Agree'd I've seen slc lifts in person and the quality of work
Is non existant. Welding and fabricating look like a 6 year old did it.


----------



## walker

give you another option talk to driller go deeper and see if get a grip lifts makes a lift for a rene i looked at his lift and i like the way it is made everything is stout looking and he doesn't cut his ride no slack... and probably a little cheaper than catvos i wanna there shop is in ruston or monroe.....


----------



## DrillersGoDeeper

^ thanks for the referall buddy! lol

As far as I know he isn't making a lift for a Rene, but I'm sure if he had one at his shop he probably would give it a go. Not many guys around here have the Rene's...


----------



## Bootlegger

Stateline's lifts are nice....but nothing beats a CATVOS IMO....


----------



## Polaris425

Bootlegger said:


> Stateline's lifts are nice....


how many have you looked at? lol... just curious, like I said, I've seen about 3 or 4 and all of them looked like crap.


----------



## coker6365

I have seen and heard nothing but bad reviews on SLC lifts. If you are going to spend the money, get something that has been tried and proven. CATVOS has outstanding quality and customer service. I am currently running a Gorilla Lift on my Outlader. I have the metal-form trailing arms and I have upgraded the tie-rod ends to a larger Hiem joint for more strength and the old ones were simply wore out. It handles great and has held up very well. We have run both Gorilla lifts and Catvos lifts on several different brands of bikes.

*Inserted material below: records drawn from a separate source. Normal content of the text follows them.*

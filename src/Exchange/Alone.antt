-- ===== src/Exchange/Alone.antt =====
-- A call of `exchange` whose steps no other thread interrupts.
use mathlib.Core.Logic.{if_pos}
use utd_cs6v81_spring.Base.{
  ℕ, ◌%◌, ◌≡◌, refl, ap, ◌∙◌, true, false, List, [], ◌∷◌, ==_iff, some, ℕ_discrete,
}
use utd_cs6v81_spring.Times.{Timespec, less, greater}
use utd_cs6v81_spring.Exchange.{Pc, entering, timed_out, bound_from, move, State, step, run}
use utd_cs6v81_spring.Exchange.Slot.{empty, waiting, word, get, get-set, compare_and_set}

-- The word and the place after some steps, by what the clock says at each.
solo : ℕ → Pc → List Timespec → ℕ × Pc
solo w p [] = (w, p)
solo w p (now ∷ times) = let (w', p') = move w p now in solo w' p' times

abbrev pub turns_of : ℕ → List Timespec → List (ℕ × Timespec)
turns_of i [] = []
turns_of i (now ∷ times) = (i, now) ∷ turns_of i times

run-solo :
    (s : State) (i : ℕ) (times : List Timespec)
    → let t = run s (turns_of i times) in
      (t.slot ≡ (solo s.slot (s.pc i) times).0) × (t.pc i ≡ (solo s.slot (s.pc i) times).1)
unfolding run solo step
run-solo s i [] = (refl, refl)
run-solo s i (now ∷ times) =
    let same : (step s i now).pc i ≡ (move s.slot (s.pc i) now).1 =
      if_pos (ℕ_discrete i i) refl _ _ in
    let (slot, place) = run-solo (step s i now) i times in
    (slot ∙ rw same refl, place ∙ rw same refl)

get-vacant : get 0 ≡ (0, some empty)
unfolding get
get-vacant = refl

offer_swap : (n : ℕ) → compare_and_set 0 0 n empty waiting ≡ (true, word n waiting)
unfolding compare_and_set word
offer_swap n = refl

withdraw_swap : (n : ℕ) → compare_and_set (word n waiting) n 0 waiting empty ≡ (true, 0)
unfolding compare_and_set
withdraw_swap n = rw ((==_iff (word n waiting) (word n waiting)).1 refl) refl

not_late : (a b : Timespec) → less a b ≡ true → greater a b ≡ false
unfolding greater
not_late a b h = rw h refl

solo_times_out :
    (n : ℕ) (entry early late other : Timespec)
    → n % 4 ≡ 0
    → less early (bound_from entry) ≡ true
    → less late (bound_from entry) ≡ false
    → solo 0 (entering n) (entry ∷ early ∷ other ∷ other ∷ late ∷ other ∷ other ∷ [])
      ≡ (0, timed_out n)
unfolding solo move
solo_times_out n entry early late other aligned before after =
    rw
      (
        not_late early (bound_from entry) before,
        get-vacant,
        offer_swap n,
        before,
        get-set n waiting aligned,
        after,
        withdraw_swap n,
      )
      refl

-- A thread whose steps no other thread interrupts, on an EMPTY slot: if its first reading of the
-- clock in the loop is before the bound and its second is not, `exchange` throws a
-- TimeoutException, and the slot is EMPTY again.
pub exchange_times_out :
    (n : ℕ) (s : State) (i : ℕ) (entry early late other : Timespec)
    → n % 4 ≡ 0
    → s.slot ≡ 0
    → s.pc i ≡ entering n
    → less early (bound_from entry) ≡ true
    → less late (bound_from entry) ≡ false
    → let t = run s (turns_of i (entry ∷ early ∷ other ∷ other ∷ late ∷ other ∷ other ∷ [])) in
      (t.slot ≡ 0) × (t.pc i ≡ timed_out n)
exchange_times_out n s i entry early late other aligned vacant at before after =
    let times = entry ∷ early ∷ other ∷ other ∷ late ∷ other ∷ other ∷ [] in
    let (slot, place) = run-solo s i times in
    let alone = solo_times_out n entry early late other aligned before after in
    let shape : solo s.slot (s.pc i) times ≡ (0, timed_out n) = rw (vacant, at) alone in
    (slot ∙ ap (λ r. r.0) shape, place ∙ ap (λ r. r.1) shape)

There are pros and cons depending on the brand and the lift. My opinion, Gorilla makes a great lift for the Can-am's. CATVOS seems to do a better job on the fit and finish on the Kawi's and Arctic Cats. If you ride hard, you will break anything. We have broken trailing arms on the Gorilla lift and the CATVOS lift. Nothing is bullet proof. I will have to recommend Gorilla Axles for any lift that you chose. They are second to none and the service after the purchase is incredible.

Not sure if you are wanting to stick with something around 4", but the G-Lift only comes in 7". CATVOS offers the 4" and 6", you can also request the 6" trailing arms for the 4" CATVOS to rake the rear wheels back even further. If you are running a single seater, the rake not a bad idea for trails and racing. If you have the two seater, the rake is much more suitable for racing than trails.


----------



## TX4PLAY

I seen a SLC lift a guy had here on a two up Can am and it looked good rolling up but checking it out up close I thought the same thing as Polaris425 and Walker the welds looked like monkey sh*t on a stick.


----------



## aandryiii

StaleLine = Negative


----------



## Bootlegger

Polaris425 said:


> how many have you looked at? lol... just curious, like I said, I've seen about 3 or 4 and all of them looked like crap.


The only ones I have seen was on King Quads.....I mean they looked ok. I would only buy a CATVOS.


----------



## TorkMonster

I have to agree.. If and when I do, it would be a CATVOS for the 4"... 

But dont think I ever will... For what I ride....


----------



## Masher

King Quads are like a large ex girlfriend. Fun to ride but you don't want to be caught on them.


----------



## JTaylor11

The one thing I like bout my King is that it dont mind to take a drink of water every once and a while.


----------



## aandryiii

haha lmao


----------